Required work: Pull out every line below holding the word "record".

Source data:
※

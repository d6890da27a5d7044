-- ===== src/Sysdeps/Cpuidx86/Tables.antt =====
-- The tables of sd-cpuidx86.c and the constants that they name.
use coreland_c_string.Base.{ℕ, List, [], ◌∷◌, Bytes, lit}

-- `struct cache_description`
pub record CacheDescription : Type 0 where
  pub val : ℕ
  pub size : ℕ
  pub line : ℕ

-- `struct vendor_description`
pub record VendorDescription : Type 0 where
  pub id : ℕ
  pub vendor : ℕ
  pub name : Bytes

-- `struct feature`
pub record Feature : Type 0 where
  pub name : Bytes
  pub bit : ℕ

abbrev row : ℕ → ℕ → ℕ → CacheDescription
row val size line = record { val = val; size = size; line = line }

abbrev vendor_row : ℕ → ℕ → Bytes → VendorDescription
vendor_row id vendor name = record { id = id; vendor = vendor; name = name }

abbrev feature_row : Bytes → ℕ → Feature
feature_row name bit = record { name = name; bit = bit }

abbrev pub intel_l1i_caches : List CacheDescription
intel_l1i_caches =
    row 0x06 8 32
    ∷ row 0x08 16 32
    ∷ row 0x09 32 64
    ∷ row 0x15 16 32
    ∷ row 0x30 32 64
    ∷ row 0x77 16 64
    ∷ row 0 0 0
    ∷ []

abbrev pub intel_l1d_caches : List CacheDescription
intel_l1d_caches =
    row 0x0a 8 32
    ∷ row 0x0c 16 32
    ∷ row 0x0d 16 64
    ∷ row 0x10 16 32
    ∷ row 0x2c 32 64
    ∷ row 0x60 16 64
    ∷ row 0x66 8 64
    ∷ row 0x67 16 64
    ∷ row 0x68 32 64
    ∷ row 0 0 0
    ∷ []

abbrev pub intel_l2_caches : List CacheDescription
intel_l2_caches =
    row 0x21 256 64
    ∷ row 0x39 128 64
    ∷ row 0x3a 192 64
    ∷ row 0x3b 128 64
    ∷ row 0x3c 256 64
    ∷ row 0x3d 384 64
    ∷ row 0x3e 512 64
    ∷ row 0x41 128 32
    ∷ row 0x42 256 32
    ∷ row 0x43 512 32
    ∷ row 0x44 1024 32
    ∷ row 0x45 2048 32
    ∷ row 0x48 3072 64
    ∷ row 0x49 4096 64
    ∷ row 0x4e 6144 64
    ∷ row 0x78 1024 64
    ∷ row 0x79 128 64
    ∷ row 0x7a 256 64
    ∷ row 0x7b 512 64
    ∷ row 0x7c 1024 64
    ∷ row 0x7d 2048 64
    ∷ row 0x7f 512 64
    ∷ row 0x82 256 32
    ∷ row 0x83 512 32
    ∷ row 0x84 1024 32
    ∷ row 0x85 2048 32
    ∷ row 0x86 512 64
    ∷ row 0x87 1024 64
    ∷ row 0 0 0
    ∷ []

abbrev pub intel_l3_caches : List CacheDescription
intel_l3_caches =
    row 0x22 512 64
    ∷ row 0x23 1024 64
    ∷ row 0x25 2048 64
    ∷ row 0x29 4096 64
    ∷ row 0xd0 524288 64
    ∷ row 0xd1 1048576 64
    ∷ row 0xd2 2097152 64
    ∷ row 0xd6 1048576 64
    ∷ row 0xd7 2097152 64
    ∷ row 0xd8 8388608 64
    ∷ row 0xdc 1572864 64
    ∷ row 0xdd 3145728 64
    ∷ row 0xde 6291456 64
    ∷ row 0xe2 2097152 64
    ∷ row 0xe3 4194304 64
    ∷ row 0xe4 8388608 64
    ∷ row 0xea 12582912 64
    ∷ row 0xeb 18874368 64
    ∷ row 0xec 25165824 64
    ∷ row 0 0 0
    ∷ []

abbrev pub vendor_unknown : ℕ
vendor_unknown = 0

abbrev pub vendor_amd : ℕ
vendor_amd = 1

abbrev pub vendor_centaur : ℕ
vendor_centaur = 2

abbrev pub vendor_cyrix : ℕ
vendor_cyrix = 3

abbrev pub vendor_intel : ℕ
vendor_intel = 4

abbrev pub vendor_natsemi : ℕ
vendor_natsemi = 5

abbrev pub vendor_rise : ℕ
vendor_rise = 6

abbrev pub vendor_transmeta : ℕ
vendor_transmeta = 7

abbrev pub vendor_sis : ℕ
vendor_sis = 8

abbrev pub ext_mmx : ℕ
ext_mmx = 0x0001

abbrev pub ext_mmx2 : ℕ
ext_mmx2 = 0x0002

abbrev pub ext_3dnow : ℕ
ext_3dnow = 0x0004

abbrev pub ext_3dnowext : ℕ
ext_3dnowext = 0x0008

abbrev pub ext_sse : ℕ
ext_sse = 0x0010

abbrev pub ext_sse2 : ℕ
ext_sse2 = 0x0020

abbrev pub ext_sse3 : ℕ
ext_sse3 = 0x0040

abbrev pub ext_sse4_1 : ℕ
ext_sse4_1 = 0x0080

abbrev pub ext_sse4_2 : ℕ
ext_sse4_2 = 0x0100

abbrev pub vendors : List VendorDescription
vendors =
    vendor_row 0x756e6547 vendor_intel (lit "intel")
    ∷ vendor_row 0x68747541 vendor_amd (lit "amd")
    ∷ vendor_row 0x69727943 vendor_cyrix (lit "cyrix")
    ∷ vendor_row 0x746e6543 vendor_centaur (lit "centaur")
    ∷ vendor_row 0x646f6547 vendor_natsemi (lit "national-semiconductor")
    ∷ vendor_row 0x52697365 vendor_rise (lit "rise")
    ∷ vendor_row 0x65736952 vendor_rise (lit "rise")
    ∷ vendor_row 0x20536953 vendor_sis (lit "sis")
    ∷ []

abbrev pub features : List Feature
features =
    feature_row (lit "mmx") ext_mmx
    ∷ feature_row (lit "mmx2") ext_mmx2
    ∷ feature_row (lit "3dnow") ext_3dnow
    ∷ feature_row (lit "3dnowext") ext_3dnowext
    ∷ feature_row (lit "sse") ext_sse
    ∷ feature_row (lit "sse2") ext_sse2
    ∷ feature_row (lit "sse3") ext_sse3
    ∷ feature_row (lit "sse4.1") ext_sse4_1
    ∷ feature_row (lit "sse4.2") ext_sse4_2
    ∷ []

※

Task result:
pub record CacheDescription : Type 0 where
pub record VendorDescription : Type 0 where
pub record Feature : Type 0 where
row val size line = record { val = val; size = size; line = line }
vendor_row id vendor name = record { id = id; vendor = vendor; name = name }
feature_row name bit = record { name = name; bit = bit }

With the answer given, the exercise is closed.